YOUR INSTRUCTIONS — Transcribe the stretch of entries below from the line with "put_answer, delete_answer, get" through the line with "got-answer text elapsed log (cache, some", exactly and with both ends included; leave out all other lines.

MATERIAL PROVIDED —
-- ===== src/Client/Direct.antt =====
-- A client against the cluster: where the owner in its table is alive, the owner answers by itself.
use percas.Base.{
  ℕ, List, some, true, ◌≡◌, inl, inr, sym, ap, ◌∙◌, refl, some-injective, none-ne-some,
}
use percas.Ord.{nat_ord}
use percas.Text.{Url}
use percas.Bytes.{AsRef, Mur3}
use percas.BTreeMap.{keys}
use percas.Ring
use percas.Ring.{lookup_until}
use percas.Ring.Lookup.{lookup_until-IsNearest}
use percas.Ring.Stability.{lookup-eq-lookup_until, lookup_until-narrow}
use percas.Engine.{Foyer}
use percas.Member.{MemberState}
use percas.Member.Map.{lookup as member_of}
use percas.Gossip.{GossipState}
use percas.Gossip.Invariant.{IsSound}
use percas.Proxy.{local, is_alive}
use percas.Proxy.Route.{Serves, is_alive-Alive, served_by_other}
use percas.Server.Data.{Context}
use percas.Middleware.{Request, UrlPath, Endpoint, call}
use percas.Middleware.Hops.{call-eq}
use percas.Client.Route.{lookup}
use percas.Client.Route.Lookup.{table, lookup-table}

module _ ⦃a : AsRef ℕ⦄ ⦃mur : Mur3⦄ where
  table-owner :
      (g : GossipState) (key : List ℕ) (id : ℕ) (url : Url)
      → IsSound g
      → g.ring ≡ Ring.from (keys g.membership.members)
      → lookup (table g) key ≡ some (id, url)
      → (s : MemberState) × (member_of g.membership id ≡ some s)
        × (s.info.advertise_data_url ≡ url)
        × (Ring.lookup g.ring key ≡ some id)
  table-owner g key id url s made e = elim (lookup-table g key s.keyed made) [
    | inl none_found ↦ absurd (none-ne-some (sym none_found.0 ∙ e))
    | inr (q, m, known, hit, ring) ↦
        let same = some-injective (sym hit ∙ e) in
        (
          m,
          sym (ap (λ x. member_of g.membership x.0) same) ∙ known,
          ap (λ x. x.1) same,
          ring ∙ ap (λ x. some x.0) same,
        )
  ]

  live-Serves :
      (g : GossipState) (key : List ℕ) (id : ℕ)
      → IsSound g
      → Ring.lookup g.ring key ≡ some id
      → is_alive g.membership id ≡ true
      → (target : MemberState) × Serves g key id target
  live-Serves g key id s ring alive =
      let everywhere = sym (lookup-eq-lookup_until g.ring key s.ring) ∙ ring in
      let found =
        lookup_until-narrow g.ring key (λ _. true) (is_alive g.membership) id s.ring (λ x _. refl)
          everywhere alive in
      let (target, live) = is_alive-Alive g.membership id alive in
      (
        target,
        record {
          live = live;
          at_point = (lookup_until-IsNearest g.ring key (is_alive g.membership) id s.ring).0 found;
        },
      )

module _ ⦃a : AsRef ℕ⦄ ⦃mur : Mur3⦄ ⦃f : Foyer⦄ ⦃u : UrlPath⦄ where
  -- Where the table that a client made of the members of a sound node, whose ring is made of its members,
  -- sends the key of a request to a live member, the URL is that member's data URL, and the member, if it
  -- has the same ring and membership, answers the request itself.
  pub call-direct :
      (g h : GossipState) (endpoint : Endpoint) (ctx : Context) (req : Request) (id : ℕ) (url : Url)
      → IsSound g
      → g.ring ≡ Ring.from (keys g.membership.members)
      → lookup (table g) req.key ≡ some (id, url)
      → is_alive g.membership id ≡ true
      → h.ring ≡ g.ring
      → h.membership ≡ g.membership
      → h.current_node.node_id ≡ id
      → ((s : MemberState) × (member_of g.membership id ≡ some s)
          × (s.info.advertise_data_url ≡ url))
        × (call h endpoint ctx req ≡ endpoint ctx req)
  call-direct g h endpoint ctx req id url s made e alive r m own =
      let (member, known, at_url, ring) = table-owner g req.key id url s made e in
      let (target, serves) = live-Serves g req.key id s ring alive in
      (
        (member, known, at_url),
        elim (served_by_other h g req.key id target s serves r m) [
          | inl self ↦ call-eq h endpoint ctx req local self.1
          | inr other ↦ absurd (other.0 own)
        ],
      )
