-- ===== src/Client/Served.antt =====
-- What a client makes of the answers of the data server, crates/server/src/server.rs.
use percas.Base.{ℕ, List, [], Option, none, some, true, Result, ok, err, ◌≡◌, refl}
use percas.Text.{String, Url}
use percas.Ord.{nat_ord}
use percas.Bytes.{AsRef, Mur3}
use percas.BTreeMap.{keys}
use percas.Ring
use percas.Gossip.{GossipState}
use percas.Gossip.Invariant.{IsSound}
use percas.Proxy.{is_alive}
use percas.Engine.{Foyer, get as engine_get}
use percas.Server.Data.{Context, Response, Body, empty, status_text, octets, get, put, delete, got}
use percas.Middleware.{Request, UrlPath, Endpoint, call}
use percas.Client.{
  Client, Error, opaque, Method, Reqwest, Network, Response as Received, route,
  update_route_table_if_needed,
}
use percas.Client.Calls.{get_answer, put_answer, delete_answer, get as client_get}
use percas.Client.Route.{lookup}
use percas.Client.Route.Lookup.{table}
use percas.Client.Direct.{call-direct}

-- The bytes of a body; `text` are those of the text of a status.
abbrev pub bytes_of : (ℕ → List ℕ) → ℕ → Body → List ℕ
bytes_of text status empty = []
bytes_of text status status_text = text status
bytes_of text status (octets body) = body

-- A response that HTTP delivers.
abbrev pub delivered : (ℕ → List ℕ) → Response → Option Received
delivered text response = some (record {
  status = response.status;
  bytes = some (bytes_of text response.status response.body);
})

abbrev pub stored : Option (List ℕ) → Result (Unit {0}) Error
stored none = err opaque
stored (some bytes) = ok tt

module _ ⦃f : Foyer⦄ ⦃r : Reqwest⦄ where
  got-answer :
      (text : ℕ → List ℕ) (elapsed : ℕ) (log : List percas.Metrics.Measurement)
      (found : f.Cache × Option (List ℕ))
      → get_answer (delivered text (got elapsed log found).1) ≡ ok found.1
  unfolding get_answer
  got-answer text elapsed log (cache, none) = refl
  got-answer text elapsed log (cache, some value) = refl

  -- Where HTTP delivers the status and the body of each answer of the data server, the client makes of a get
  -- what the engine found, of a put `Ok` if the body arrived at the server and an opaque error if not, and of
  -- a delete `Ok`.
  pub answers-served :
      (text : ℕ → List ℕ) (elapsed : ℕ) (ctx : Context) (key : List ℕ) (body : Option (List ℕ))
      → (get_answer (delivered text (get elapsed ctx key).1) ≡ ok (engine_get ctx.engine key).1)
        × (put_answer (delivered text (put elapsed ctx key body).1) ≡ stored body)
        × (delete_answer (delivered text (delete elapsed ctx key).1) ≡ ok tt)
  unfolding get put delete put_answer delete_answer
  answers-served text elapsed ctx key none =
      (got-answer text elapsed ctx.log (engine_get ctx.engine key), refl, refl)
  answers-served text elapsed ctx key (some bytes) =
      (got-answer text elapsed ctx.log (engine_get ctx.engine key), refl, refl)

module _ ⦃a : AsRef ℕ⦄ ⦃mur : Mur3⦄ ⦃f : Foyer⦄ ⦃u : UrlPath⦄ ⦃r : Reqwest⦄ where
  abbrev pub get_endpoint : ℕ → Endpoint
  get_endpoint elapsed ctx req = get elapsed ctx req.key

  -- The table of a client was made of the members of a sound node, whose ring is made of its members, and
  -- is not refreshed by the call. It sends the key to a live member, which has the same ring and membership.
  -- Where the URL of the member and the key make a URL, and the network brings the member's answer to a
  -- request there, the client gets what the engine of the member found.
  pub get-direct :
      (g h : GossipState) (ctx : Context) (req : Request) (id : ℕ) (url to : Url)
      (text : ℕ → List ℕ) (elapsed now later : ℕ) (network : Network) (c : Client) (key : String)
      → IsSound g
      → g.ring ≡ Ring.from (keys g.membership.members)
      → lookup (table g) req.key ≡ some (id, url)
      → is_alive g.membership id ≡ true
      → h.ring ≡ g.ring
      → h.membership ≡ g.membership
      → h.current_node.node_id ≡ id
      → r.as_bytes key ≡ req.key
      → c.route_table ≡ some (table g)
      → update_route_table_if_needed network now later c ≡ (c, ok tt)
      → r.join url key ≡ some to
      → network (record { method = Method.get; url = to; body = [] })
        ≡ delivered text (call h (get_endpoint elapsed) ctx req).1
      → client_get network now later c key ≡ (c, ok (engine_get ctx.engine req.key).1)
  unfolding client_get route
  get-direct g h ctx req id url to text elapsed now later network c key s made e alive same_ring
        same_members own bytes has_table fresh joins answers =
      let (at_url, direct) =
        call-direct g h (get_endpoint elapsed) ctx req id url s made e alive same_ring same_members
          own in
      let routed : route c key ≡ url = rw (route, has_table, bytes, e) refl in
      let answer : get_answer (network (record { method = Method.get; url = to; body = [] }))
          ≡ ok (engine_get ctx.engine req.key).1 =
        rw (answers, direct) (answers-served text elapsed ctx req.key none).0 in
      rw (client_get, fresh, routed, joins, answer) refl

ANSWER SPACE —
use percas.Client.Calls.{get_answer, put_answer, delete_answer, get as client_get}
use percas.Client.Route.{lookup}
use percas.Client.Route.Lookup.{table}
use percas.Client.Direct.{call-direct}

-- The bytes of a body; `text` are those of the text of a status.
abbrev pub bytes_of : (ℕ → List ℕ) → ℕ → Body → List ℕ
bytes_of text status empty = []
bytes_of text status status_text = text status
bytes_of text status (octets body) = body

-- A response that HTTP delivers.
abbrev pub delivered : (ℕ → List ℕ) → Response → Option Received
delivered text response = some (record {
  status = response.status;
  bytes = some (bytes_of text response.status response.body);
})

abbrev pub stored : Option (List ℕ) → Result (Unit {0}) Error
stored none = err opaque
stored (some bytes) = ok tt

module _ ⦃f : Foyer⦄ ⦃r : Reqwest⦄ where
  got-answer :
      (text : ℕ → List ℕ) (elapsed : ℕ) (log : List percas.Metrics.Measurement)
      (found : f.Cache × Option (List ℕ))
      → get_answer (delivered text (got elapsed log found).1) ≡ ok found.1
  unfolding get_answer
  got-answer text elapsed log (cache, none) = refl
  got-answer text elapsed log (cache, some value) = refl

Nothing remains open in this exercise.